According to Article 3 of the aforementioned Act:
- Within no more than 20 days from the date of the notification referred to in Article 2(3), the employer and the company trade union organisations shall conclude an agreement.
- The agreement referred to in paragraph (1) shall set out the rules for dealing with matters concerning the employees affected by the intended collective redundancy, as well as the employer’s obligations to the extent necessary to resolve other employee matters relating to the intended collective redundancy.
- If it is not possible to agree on the content of the agreement with all company trade union organisations, the employer shall agree on the content of the agreement with trade union organisations that are representative within the meaning of Article 253(1) or (2) of the Trade Union Act of 23 May 1991 (Journal of Laws of 2022, item 854), each of which unites at least 5% of the employees employed by the employer.
- If it is not possible to conclude an agreement in accordance with paragraphs (1) and (3), the rules for dealing with matters concerning employees affected by the intention of collective redundancy shall be laid down by the employer in the regulations, taking into account, as far as possible, the proposals made in the course of consultation by the company trade union organisations.
- If there are no company trade union organisations at a given employer, the rules of procedure in matters concerning employees covered by the intention of collective redundancy shall be determined by the employer in the regulations, after consultation with the employees’ representatives selected in accordance with the procedure adopted at the given employer.

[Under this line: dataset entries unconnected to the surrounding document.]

-- ===== src/Rpg/Game/Tests.antt =====
-- The game on a small world.
use c_book.Prelude.{
  ◌^◌, ◌-◌, ℕ, ◌+◌, ◌≡◌, ◌≢◌, refl, inl, inr, Bool, true, false, List, [], ◌∷◌, some, codes,
  bytes_eq, arith, Bool-cases, subst,
}
use c_book.Prelude.Int.{◌+ℤ◌, ltb_ℤ, pos}
use c_book.Rpg.Items.{Item, weapon, consumable, find}
use c_book.Rpg.Player.{
  not_negative, Player, take_damage, heal, set_hp, IsPlayer, Changed, operations-IsPlayer,
}
use c_book.Rpg.Places.{Location, find_location, exit}
use c_book.Rpg.Game.{Game, cmd_take, cmd_drop, cmd_use, step, prints}
use c_book.Rpg.Game.Conservation.{all_items, used_up, take-drop_conserve, cmd_use_lem}
use c_book.Rpg.Game.Travel.{IsClosed}

abbrev sword : Item
sword = weapon (codes "sword") (pos 5) (pos 8)

abbrev potion : Item
potion = consumable (codes "potion") (pos 1) (pos 15)

abbrev glade : Location
glade = record {
  id = codes "glade";
  name = [];
  description = [];
  exits = (codes "west", codes "glade") ∷ [];
  items = sword ∷ [];
}

abbrev hero : Player
hero = record { name = codes "hero"; max_hp = pos 20; hp = pos 7; inventory = potion ∷ [] }

hero-IsPlayer : IsPlayer hero
unfolding bytes_eq
hero-IsPlayer = record {
  named = refl;
  max_positive = omega arith;
  hp_low = omega arith;
  hp_high = omega arith;
}

abbrev start : Game
start = record {
  running = true;
  world = (codes "glade", glade) ∷ [];
  player = hero;
  current_location_id = codes "glade";
}

start_here : find_location start.current_location_id start.world ≡ some glade
unfolding find_location bytes_eq
start_here = refl

abbrev is_weapon : Item → Bool
is_weapon (weapon n w d) = true
is_weapon i = false

operations-IsPlayer_example :
    Changed hero (take_damage (pos 9) hero)
    × (Changed hero (heal (pos 7) hero) × Changed hero (set_hp (pos 100) hero))
unfolding not_negative ◌+ℤ◌
operations-IsPlayer_example =
    operations-IsPlayer (pos 9) (pos 7) (pos 100) hero hero-IsPlayer (omega arith)

take-drop_conserve_example :
    (all_items is_weapon (cmd_take (codes "sword") start) ≡ all_items is_weapon start)
    × (all_items is_weapon (cmd_drop (codes "sword") start) ≡ all_items is_weapon start)
take-drop_conserve_example = take-drop_conserve is_weapon (codes "sword") glade start start_here

cmd_use_lem_example :
    (all_items is_weapon (cmd_use (codes "potion") start)
        + used_up is_weapon (find (codes "potion") start.player.inventory)
      ≡ all_items is_weapon start)
    × IsPlayer (cmd_use (codes "potion") start).player
unfolding find not_negative ◌+ℤ◌
cmd_use_lem_example = cmd_use_lem is_weapon (codes "potion") start hero-IsPlayer (omega arith)

only_glade : (id : List ℕ) (l : Location) → find_location id start.world ≡ some l → l ≡ glade
unfolding find_location
only_glade id l h = ground arith

only_west : (direction : List ℕ) → exit direction glade ≢ [] → exit direction glade ≡ codes "glade"
unfolding exit bytes_eq
only_west direction h = elim (Bool-cases (bytes_eq (codes "west") direction)) [
  | inl west ↦ rw west refl
  | inr other ↦ absurd (h (rw other refl))
]

start-IsClosed : IsClosed start.world
start-IsClosed id direction l here leads =
    let e = only_glade id l here in
    let there = only_west direction (subst (λ m. exit direction m ≢ []) e leads) in
    (glade, rw (e, there) start_here)

step_test : (step prints (codes "  get sword") start).1.player.inventory ≡ potion ∷ sword ∷ []
unfolding step
step_test = refl

-- Healing past the range of `int`, where the sum wraps around.
overflow_test : ltb_ℤ (heal (pos (2 ^ 31 - 1)) hero).hp (pos 0) ≡ true
unfolding heal
overflow_test = refl
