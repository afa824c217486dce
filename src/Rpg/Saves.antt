-- ===== src/Rpg/Saves.antt =====
-- demo-rpg/src/save_manager.cpp: the saves of the game.
pub mod Writing
pub mod Reading
pub mod Words
pub mod Items
pub mod Lines
pub mod Filling
pub mod Sums
pub mod RoundTrip
pub mod Damage
mod Tests
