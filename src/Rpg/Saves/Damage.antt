-- ===== src/Rpg/Saves/Damage.antt =====
-- A save of demo-rpg/src/save_manager.cpp with one byte changed.
use c_book.Prelude.{
  ℕ, ◌+◌, ◌*◌, ◌%◌, ◌^◌, ◌<◌, ◌≡◌, ◌≢◌, ap, ◌∙◌, sym, false, List, [], ◌∷◌, ◌++◌, append_assoc,
  some, none, codes, arith, ◌==◌, if◌then◌else◌, ok, throw, ◌>>=◌,
}
use c_book.Rpg.Saves.Writing.{
  Saved, checksum, checksum_from, checksum_mismatch, no_checksum, to_hex, save_line,
}
use c_book.Rpg.Saves.Reading.{check_sum, read_body, read}
use c_book.Rpg.Saves.Sums.{checksum_from-lt, check_sum-save_line, split_checksum-last}

-- 31 is odd, so that a step of the sum forgets nothing.
step_injective :
    (a b c : ℕ) → a < 2 ^ 32 → b < 2 ^ 32 → (a * 31 + c) % 2 ^ 32 ≡ (b * 31 + c) % 2 ^ 32 → a ≡ b
step_injective a b c ha hb e = omega arith

step_differs :
    (a c d : ℕ) → c < 256 → d < 256 → (a * 31 + c) % 2 ^ 32 ≡ (a * 31 + d) % 2 ^ 32 → c ≡ d
step_differs a c d hc hd e = omega arith

checksum_from-injective :
    (a b : ℕ) (text : List ℕ)
    → a < 2 ^ 32
    → b < 2 ^ 32
    → checksum_from a text ≡ checksum_from b text
    → a ≡ b
unfolding checksum_from
checksum_from-injective a b [] ha hb e = e
checksum_from-injective a b (c ∷ cs) ha hb e = step_injective a b c ha hb (
    checksum_from-injective ((a * 31 + c) % 2 ^ 32) ((b * 31 + c) % 2 ^ 32) cs (omega arith)
      (omega arith) e)

checksum-changed :
    (sum : ℕ) (xs ys : List ℕ) (c d : ℕ)
    → c < 256
    → d < 256
    → checksum_from sum (xs ++ c ∷ ys) ≡ checksum_from sum (xs ++ d ∷ ys)
    → c ≡ d
unfolding checksum_from
checksum-changed sum [] ys c d hc hd e = step_differs sum c d hc hd (
    checksum_from-injective ((sum * 31 + c) % 2 ^ 32) ((sum * 31 + d) % 2 ^ 32) ys (omega arith)
      (omega arith) e)
checksum-changed sum (x ∷ xs) ys c d hc hd e =
    checksum-changed ((sum * 31 + x) % 2 ^ 32) xs ys c d hc hd e

-- Where one byte of a text of whole lines is another one than when the sum was taken, and not the last
-- byte, `read` throws the exception for the sum, into whatever game it reads.
pub read-damaged :
    (xs ys : List ℕ) (c d : ℕ) (s : Saved)
    → c < 256
    → d < 256
    → c ≢ d
    → let sum = checksum (xs ++ c ∷ (ys ++ 10 ∷ [])) in
      read (some ((xs ++ d ∷ (ys ++ 10 ∷ [])) ++ save_line (codes "CHK " ++ to_hex sum))) s
      ≡ throw checksum_mismatch
unfolding read
read-damaged xs ys c d s hc hd differ =
    let sum = checksum (xs ++ c ∷ (ys ++ 10 ∷ [])) in
    let body = xs ++ d ∷ (ys ++ 10 ∷ []) in
    ap
      (λ x. elim x [
        | none ↦ throw no_checksum
        | some (b, l) ↦ check_sum b l >>= λ _. read_body b s
      ])
      (split_checksum-last body sum (xs ++ d ∷ ys, sym (append_assoc xs (d ∷ ys) (10 ∷ []))))
    ∙ ap (λ c. c >>= λ _. read_body body s)
        (check_sum-save_line body sum (checksum_from-lt 0 (xs ++ c ∷ (ys ++ 10 ∷ [])) (omega arith))
          ∙ ap (λ b. if b then ok tt else throw checksum_mismatch)
              (unequal sum (checksum body)
                (λ e. differ (checksum-changed 0 xs (ys ++ 10 ∷ []) c d hc hd e))))
  where
    unequal : (m n : ℕ) → m ≢ n → (m == n) ≡ false
    unequal m n h = ground arith
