-- ===== src/Rpg/Saves/Tests.antt =====
-- A save written and read back.
use c_book.Prelude.{
  ℕ, ◌≡◌, refl, true, false, ◌==◌, inl, inr, arith, ◌++◌, List, [], ◌∷◌, some, codes, throw, ok,
  ◌>>=◌, bytes_eq,
}
use c_book.Prelude.Int.{pos, negsuc}
use c_book.Rpg.Items.{Item, weapon, armor, consumable}
use c_book.Rpg.Player.{Player}
use c_book.Rpg.Places.{Location}
use c_book.Rpg.Saves.Writing.{
  invalid_number, Saved, checksum_mismatch, no_checksum, write, save_line, to_hex, checksum,
}
use c_book.Prelude.Tables.{find_key, assign}
use c_book.Rpg.Game.{Game}
use c_book.Rpg.Game.Slots.{Files, slot_path, world_path, cmd_save, cmd_load, cmd_load-cmd_save}
use c_book.Rpg.Worlds.{load_world}
use c_book.Rpg.Streams.{is_white}
use c_book.Rpg.Saves.Reading.{read, clear_world}
use c_book.Rpg.Saves.Items.{IsPlain, IsName}
use c_book.Rpg.Saves.RoundTrip.{IsGame}
use c_book.Rpg.Saves.Damage.{read-damaged}

abbrev hero : Player
hero = record {
  name = codes "Sir Serik";
  max_hp = pos 100;
  hp = pos 42;
  inventory = weapon (codes "long sword") (pos 5) (pos 10) ∷ [];
}

abbrev place : List ℕ → List Item → Location
place id items = record { id = id; name = id; description = []; exits = []; items = items }

abbrev before : Saved
before = record {
  player = hero;
  world =
      (codes "hall", place (codes "hall") (consumable (codes "elixir") (pos 1) (negsuc 6) ∷ []))
      ∷ (codes "yard", place (codes "yard") [])
      ∷ [];
  current_location_id = codes "hall";
}

abbrev other : Saved
other = record {
  player = record hero { name = codes "x"; hp = pos 1; inventory = [] };
  world =
      (codes "hall", place (codes "hall") [])
      ∷ (codes "yard", place (codes "yard") (armor (codes "mail") (pos 9) (pos 3) ∷ []))
      ∷ [];
  current_location_id = codes "yard";
}

again : (write true before >>= λ text. read (some text) other) ≡ ok before
unfolding write read
again = refl

cut : read (some (codes "SAVE 1")) other ≡ throw no_checksum
unfolding read
cut = refl

plain : (c : ℕ) → (is_white c ≡ false) → (c == 95) ≡ false → IsPlain c
plain c ink mark = (inr ink, mark)

blank : IsPlain 32
blank = (inl refl, refl)

sword-IsName : IsName (codes "long sword")
sword-IsName = (
  plain 108 refl refl,
  (
    plain 111 refl refl,
    (
      plain 110 refl refl,
      (
        plain 103 refl refl,
        (
          blank,
          (
            plain 115 refl refl,
            (
              plain 119 refl refl,
              (plain 111 refl refl, (plain 114 refl refl, (plain 100 refl refl, tt))),
            ),
          ),
        ),
      ),
    ),
  ),
)

elixir-IsName : IsName (codes "elixir")
elixir-IsName = (
  plain 101 refl refl,
  (
    plain 108 refl refl,
    (plain 105 refl refl, (plain 120 refl refl, (plain 105 refl refl, (plain 114 refl refl, tt)))),
  ),
)

hero-IsName : IsName (codes "Sir Serik")
hero-IsName = (
  plain 83 refl refl,
  (
    plain 105 refl refl,
    (
      plain 114 refl refl,
      (
        blank,
        (
          plain 83 refl refl,
          (
            plain 101 refl refl,
            (plain 114 refl refl, (plain 105 refl refl, (plain 107 refl refl, tt))),
          ),
        ),
      ),
    ),
  ),
)

before-IsGame : IsGame before
unfolding bytes_eq
before-IsGame = record {
  player = record {
    named = refl;
    max_positive = omega arith;
    hp_low = omega arith;
    hp_high = omega arith;
  };
  name = hero-IsName;
  hp = omega arith;
  max_hp = omega arith;
  items = ((sword-IsName, omega arith, omega arith), tt);
  places = (
    (refl, (refl, (refl, (refl, (refl, tt)))), ((elixir-IsName, omega arith, omega arith), tt)),
    ((refl, (refl, (refl, (refl, (refl, tt)))), tt), tt),
  );
  distinct = (refl, (refl, tt));
  word = (refl, (refl, (refl, (refl, tt))));
  start = (place (codes "hall") (consumable (codes "elixir") (pos 1) (negsuc 6) ∷ []), refl);
}

read-damaged_example :
    read
      (some (
        (codes "hp 42 " ++ 57 ∷ (codes "00" ++ 10 ∷ []))
        ++ save_line
            (codes "CHK " ++ to_hex (checksum (codes "hp 42 " ++ 49 ∷ (codes "00" ++ 10 ∷ []))))))
      other
    ≡ throw checksum_mismatch
read-damaged_example =
    read-damaged (codes "hp 42 ") (codes "00") 49 57 other (omega arith) (omega arith) (omega arith)

abbrev playing : Game
playing = record {
  running = true;
  world = before.world;
  player = before.player;
  current_location_id = before.current_location_id;
}

abbrev later : Game
later = record {
  running = true;
  world = other.world;
  player = other.player;
  current_location_id = other.current_location_id;
}

abbrev world_text : List ℕ
world_text =
    codes "location hall"
    ++ 10 ∷ codes "name hall"
    ++ 10 ∷ codes "location yard"
    ++ 10 ∷ codes "name yard"
    ++ 10 ∷ []

abbrev disk : Files
disk = (world_path, world_text) ∷ []

world_text-read : load_world (find_key world_path disk) ≡ ok (clear_world before.world)
unfolding load_world bytes_eq clear_world
world_text-read = refl

cmd_load-cmd_save_example :
    cmd_load (codes "one") (cmd_save true (codes "one") playing disk) later ≡ ok playing
unfolding clear_world
cmd_load-cmd_save_example =
    cmd_load-cmd_save (codes "one") playing later disk (clear_world before.world) before-IsGame
      world_text-read refl

-- A sum without a digit leaves the game with an exception that `load` does not take.
no_digits :
    cmd_load
      (codes "one")
      (assign
        (slot_path (codes "one"))
        (codes "SAVE 1" ++ 10 ∷ codes "CHK zzzzzzzz" ++ 10 ∷ [])
        disk)
      later
    ≡ throw invalid_number
unfolding cmd_load load_world bytes_eq
no_digits = refl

According to Article 4 of the aforementioned Act:
- The employer shall – after concluding an agreement, and in the event of failing to conclude an agreement after fulfilling the obligation referred to in Article 3 (4) or (5) – notify in writing the competent district labour office of the adopted arrangements for group dismissal, including the number of employed and dismissed workers and the reasons for their dismissal, the period within which the dismissal is to take place, as well as of the consultation of the intended group dismissal with the company trade unions or with the representatives of employees selected in accordance with the procedure adopted at the employer.
1a. In the event of an intention to carry out collective redundancies concerning members of the crew of a sea-going vessel of Polish nationality, the employer shall forward the information referred to in subsection 1 to the district labour office competent as regards the seat of the shipowner.
- The employer shall provide a copy of the notification referred to in paragraph (1) to the company trade union organisations. The company trade union organisations may present their opinion on the collective redundancy to the competent district labour office.
- Where there are no company trade union organisations at the employer concerned, the provision of paragraph (2) shall apply mutatis mutandis to the employees’ representatives elected in accordance with the procedure adopted at the employer concerned.
- In the event of termination of the employer’s activities as a result of a final court decision, the notification referred to in paragraph (1) shall be required when so requested by the competent district employment office.